Зинаида стала поэту настоящей женой. Когда Тоня солит огурцы, меняет вещи на еду, баюкает Шурочку, а Лара моет полы, стирает белье, варит суп, выхаживает Юрия Живаго, занимается с Катенькой – знайте, это Зинаида Николаевна, умелая, умная, организованная, стойкая и домовитая. Кстати, все признают, что она была вполне советская женщина, бодро принимавшая советскую власть – в отличие от Надежды Яковлевны Мандельштам, махровой диссидентки. Даже слишком советская. Когда в 1958–1959 годах перед ней встанет роковой вопрос, она решит его вполне по-советски. И это советское решение определит, как несложная песня кукушки, сколько еще Пастернаку жить. (Жить ему остается меньше двух лет.)
Вот, скажем, поездка на Урал. Поэтов даром не кормили, их запрягали в казенную телегу. Поезжайте, пишите очерки на местах, зовите в бой, воспевайте. Пастернака с Зинаидой посылают в Свердловск. Какие-то заводы, какие-то колхозы. Бред. Ничего он им не напишет ни про турбины, ни про трактора. Но запомнят они с Зиночкой разное: она – горячие пирожные в доме отдыха чекистов, где их поселили, а он – раскулаченных и сосланных, просивших под окнами и на перроне корку хлеба. Больше в такие «командировки» Пастернак не ездил. Кроме Грузии. Бедная, но щедрая и хлебосольная Грузия, веселая и гордая, пришлась ему по душе. Все поэты: и Паоло Яшвили, и Тициан Табидзе – становятся его друзьями. Он переводит их стихи, даже омерзительные вирши о Сталине. Он пишет о Кавказе так, как со времен Лермонтова никто о нем не писал. Только гордое непокорство горцев ему непонятно. Он даже к Сталину стал лучше относиться за то, что он грузин.
А в мире и в стране темнело. В 1934 году взяли Мандельштама, который куда лучше разобрался в «текущем моменте» в своем антисталинском стихотворении. Когда Пастернаку автор его прочел, он сказал, что ничего не слышал, что это самоубийство, а не стихотворение, что он в этом участвовать не хочет. Доносить, ясное дело, не пошел, но возмущался неполиткорректным «и широкая грудь осетина». Не оценил он этой алмазной стрелы, направленной в сердце тирана. Не понимал политических резкостей и полемики.

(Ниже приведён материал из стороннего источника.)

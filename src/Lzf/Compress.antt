-- ===== src/Lzf/Compress.antt =====
-- lzf/lzf.go: `Compress` and `Preset`.
--
-- The input is shorter than 2 ^ 30, and the 32-bit indexes stay below its length and 4, so their sums
-- and differences are the plain ones; the words that the hash is made of wrap. The hash table is a
-- function of the slot, a 16-bit number wherever the code takes one.
pub mod Buffer
pub mod Matches
pub mod Stream
pub mod Steps
pub mod Writes
pub mod Turns
pub mod References
pub mod Rounds
pub mod Loops
pub mod Finish
pub mod RoundTrip
mod Tests
use Prim.Native.Nat.{bit_or}
use golly.Base.{
  ℕ, zero, suc, ◌+◌, ◌-◌, ◌*◌, ◌/◌, ◌%◌, Bool, true, false, not, ◌&&◌, ◌||◌, Option, none, some,
  List, [], ◌∷◌, Bytes, if◌then◌else◌, ltb, leb, ◌==◌,
}
use golly.Base.Calls.{ok, err, panic, out_of_fuel, ◌>>=◌, read_at, write_at, Run}
use golly.Base.Lists.{length, replicate, take}
use golly.Lzf.{word, max_size}

abbrev pub max_literal : ℕ
max_literal = 32

abbrev pub max_offset : ℕ
max_offset = 8192

abbrev pub max_backref : ℕ
max_backref = 264

pub record Packer : Type 0 where
  pub output : Bytes
  pub iidx : ℕ
  pub oidx : ℕ
  pub literal : ℕ
  pub table : ℕ → ℕ
  pub hval : ℕ

-- How a round of the loop ends: the loop goes on, it is left by `break`, or nil is returned.
pub data Progress : Type 0 where
  goes_on breaks : Packer → Progress
  gives_nil : Progress

abbrev pub shift_in : ℕ → ℕ → ℕ
shift_in hval b = bit_or (word (hval * 256)) b

abbrev pub slot_of : ℕ → ℕ
slot_of hval = word (hval / 256 + 4294967296 - word (hval * 5)) % 65536

-- `hashTable[slot] = i`
abbrev pub put : (ℕ → ℕ) → ℕ → ℕ → ℕ → ℕ
put table slot i k = if k == slot then i else table k

unfoldable pub same_at : Bytes → ℕ → ℕ → Run Bool
same_at input p q = read_at input p >>= λ a. read_at input q >>= λ b. ok (a == b)

-- `&&` on tests that may panic.
abbrev pub and_then : Run Bool → Run Bool → Run Bool
and_then test next = test >>= λ t. elim t [ false ↦ ok false | true ↦ next ]

-- The condition of the `if`; the offset is below `max_offset`, which is a comparison of `int64`.
unfoldable pub is_match : Bytes → ℕ → ℕ → Run Bool
is_match input iidx backref =
    if ltb iidx (backref + 1 + max_offset) && (ltb (iidx + 4) (length input) && ltb 0 backref)
    then and_then (same_at input backref iidx)
        (and_then (same_at input (backref + 1) (iidx + 1)) (same_at input (backref + 2) (iidx + 2)))
    else ok false

-- The loop that finds the length of a match.
unfoldable pub extend : ℕ → Bytes → ℕ → ℕ → ℕ → ℕ → Run ℕ
extend zero input max backref iidx n = err out_of_fuel
extend (suc fuel) input max backref iidx n = elim (leb max (n + 1)) [
  | true ↦ ok (n + 1)
  | false ↦ same_at input (backref + (n + 1)) (iidx + (n + 1)) >>= λ same. elim same [
    | false ↦ ok (n + 1)
    | true ↦ extend fuel input max backref iidx (n + 1)
  ]
]

-- `output[oidx-literal-1] = byte(literal - 1)`
abbrev pub close_literal : Bytes → ℕ → ℕ → Run Bytes
close_literal output oidx literal = write_at output (oidx - literal - 1) ((literal + 255) % 256)

-- The bytes of a reference, without the last.
unfoldable pub write_length : Bytes → ℕ → ℕ → ℕ → Run (Bytes × ℕ)
write_length output oidx offset n =
    if ltb n 7
    then (write_at output oidx ((offset / 256 + n * 32) % 256) >>= λ output'.
        ok (output', oidx + 1))
    else (write_at output oidx ((offset / 256 + 7 * 32) % 256) >>= λ output'.
        write_at output' (oidx + 1) ((n - 7) % 256) >>= λ output''. ok (output'', oidx + 2))

-- The two entries that the hash table gets behind a reference, with `iidx` taken back by two.
unfoldable pub rehash : Bytes → Packer → Run Progress
rehash input s =
    let i = s.iidx - 2 in
    read_at input i >>= λ a. read_at input (i + 1) >>= λ b. read_at input (i + 2) >>= λ c.
    let h = bit_or (bit_or (a * 256) (b * 256)) c in
    read_at input (i + 1 + 2) >>= λ d.
    let h' = shift_in h d in
    ok (
      goes_on (record s {
        iidx = i + 1 + 1;
        table = put (put s.table (slot_of h) i) (slot_of h') (i + 1);
        hval = h';
      }))

unfoldable pub write_reference : Bytes → Packer → ℕ → ℕ → Run Progress
unfolding write_length rehash
write_reference input s offset n = write_length s.output s.oidx offset n >>= λ w.
    write_at w.0 w.1 (offset % 256) >>= λ output.
    let s' : Packer = record s {
      output = output;
      literal = 0;
      oidx = w.1 + 2;
      iidx = s.iidx + 1 + (n + 1);
    } in
    if leb (length input - 2) s'.iidx then ok (breaks s') else rehash input s'

abbrev pub longest : ℕ → ℕ → ℕ
longest size iidx = if ltb max_backref (size - iidx - 2) then max_backref else size - iidx - 2

-- The branch of a match.
unfoldable pub reference : Bytes → Packer → ℕ → Run Progress
unfolding extend write_reference
reference input s backref =
    if leb (length input) s.oidx && leb (length input) (s.oidx - (if ltb 0 s.literal then 0 else 1))
    then ok gives_nil
    else (close_literal s.output s.oidx s.literal >>= λ output.
        extend max_backref input (longest (length input) s.iidx) backref s.iidx 2 >>= λ n.
        write_reference input
          (record s { output = output; oidx = if s.literal == 0 then s.oidx - 1 else s.oidx })
          (s.iidx - backref - 1) (n - 2))

-- One byte is taken over, and the literal reference is closed where it has 32.
unfoldable pub copy_byte : Bytes → Packer → Run Packer
copy_byte input s = read_at input s.iidx >>= λ b. write_at s.output s.oidx b >>= λ output.
    if s.literal + 1 == max_literal
    then (close_literal output (s.oidx + 1) (s.literal + 1) >>= λ output'.
        ok (record s { output = output'; iidx = s.iidx + 1; oidx = s.oidx + 2; literal = 0 }))
    else ok (record s {
      output = output;
      iidx = s.iidx + 1;
      oidx = s.oidx + 1;
      literal = s.literal + 1;
    })

-- The body of the loop.
unfoldable pub turn : Bytes → Packer → Run Progress
unfolding is_match reference copy_byte
turn input s = read_at input (s.iidx + 2) >>= λ b.
    let h = shift_in s.hval b in
    let backref = s.table (slot_of h) in
    let s' : Packer = record s { table = put s.table (slot_of h) s.iidx; hval = h } in
    is_match input s.iidx backref >>= λ found. elim found [
      | true ↦ reference input s' backref
      | false ↦
          if leb (length input - 4) s.oidx
          then ok gives_nil
          else (copy_byte input s' >>= λ s''. ok (goes_on s''))
    ]

unfoldable pub pack : ℕ → Bytes → Packer → Run (Option Packer)
unfolding turn
pack zero input s = err out_of_fuel
pack (suc fuel) input s = elim (ltb s.iidx (length input - 2)) [
  | false ↦ ok (some s)
  | true ↦ turn input s >>= λ p. elim p [
    | goes_on s' ↦ pack fuel input s'
    | breaks s' ↦ ok (some s')
    | gives_nil ↦ ok none
  ]
]

-- The loop behind it, over the bytes that are left.
unfoldable pub copy_rest : ℕ → Bytes → Packer → Run Packer
unfolding copy_byte
copy_rest zero input s = err out_of_fuel
copy_rest (suc fuel) input s = elim (ltb s.iidx (length input)) [
  | false ↦ ok s
  | true ↦ copy_byte input s >>= λ s'. copy_rest fuel input s'
]

abbrev pub put_size : Bytes → ℕ → Run Bytes
put_size output size = write_at output 0 (size / 16777216 % 256) >>= λ output.
    write_at output 1 (size / 65536 % 256) >>= λ output.
    write_at output 2 (size / 256 % 256) >>= λ output. write_at output 3 (size % 256)

-- What follows the loops: the last literal reference, the header and the slice.
unfoldable pub finish : Bytes → Packer → Run (Option Bytes)
finish input s = close_literal s.output s.oidx s.literal >>= λ output.
    let oidx = if s.literal == 0 then s.oidx - 1 else s.oidx in
    put_size output (length input) >>= λ output'.
    if ltb (length output') oidx then panic else ok (some (take oidx output'))

abbrev pub start : Bytes → ℕ → ℕ → Packer
start input a b = record {
  output = replicate (length input + 4) 0;
  iidx = 0;
  oidx = 5;
  literal = 0;
  table = λ _. 0;
  hval = bit_or (a * 256 % 256) b;
}

unfoldable pub compress : Bytes → Run (Option Bytes)
unfolding pack copy_rest finish
compress input =
    if leb (length input) 4 || leb max_size (length input)
    then ok none
    else (read_at input 0 >>= λ a. read_at input 1 >>= λ b.
        pack (length input + 1) input (start input a b) >>= λ packed. elim packed [
          | none ↦ ok none
          | some s ↦
              if ltb (length input) (s.oidx - 1)
              then ok none
              else (copy_rest (length input + 1) input s >>= λ s'. finish input s')
        ])

-- `lzfPreset`
pub record LzfPreset : Type 0 where
  pub dict : Bytes
  pub len : ℕ
  pub compressed : Bytes

-- `Preset`
unfoldable pub preset : Bytes → Run (Option LzfPreset)
unfolding compress
preset dict = compress dict >>= λ temp. elim temp [
  | none ↦ ok none
  | some temp' ↦ ok (some (record { dict = dict; len = length dict; compressed = temp' }))
]

-- The methods `Compress` and `Decompress` of a preset.
unfoldable pub preset_compress : LzfPreset → Bytes → Run (Option Bytes)
preset_compress p input = ok none

unfoldable pub preset_decompress : LzfPreset → Bytes → Run (Option Bytes)
preset_decompress p input = ok none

Когда Сталин 13 июня ему позвонил, он очень осторожно защищал беднягу Мандельштама, так что Сталин даже попенял ему на малодушие и черствость. А это был испуг. Он у него чередовался с отчаянной храбростью. За гражданского мужа А. Ахматовой Пунина и Льва Гумилева он попросил в самые темные дни 30-х, поручился за них, и их освободили до следующего ареста. После сталинского звонка он год не писал: винил себя, каялся. В 1935 году его силой («Вы мобилизованы») загоняют в Париж на Антифашистский писательский конгресс. А правду о положении писателей в СССР сказать нельзя: дома семья, заложники. У Пастернака началась жуткая бессонница, депрессия, он то ли притворялся сумасшедшим, то ли действительно сходил с ума. Опять год не мог писать. Потом арестуют Бабеля, Мейерхольда. Из них выбьют показания на поэта. Но они возьмут их назад, когда пытки кончатся.
В 1956 году он напишет об этом времени: «Душа моя, печальница о всех в кругу моем, ты стала усыпальницей замученных живьем… Ты в наше время шкурное за совесть и за страх стоишь могильной урною, покоящей их прах».
Поэт то устраивал истерику в 1936 году по поводу подписи под гнусной бумагой «Стереть с лица земли», где требовали казни для Каменева и Зиновьева, то молча присоединялся к аналогичному документу по поводу «группы-17» уже в 1937-м… А когда дошло до одобрения казни Якира и Тухачевского, то отказался наотрез и сказал Зиночке, беременной его сыном Лёней, что предпочитает умереть, что пусть ребенок погибнет тоже, «что ребенок человека, способного такое подписать, его не волнует». И добился, послав Сталину письмо, чтоб его не заставляли подписывать такое, и больше инцидентов не было, и Сталин это проглотил.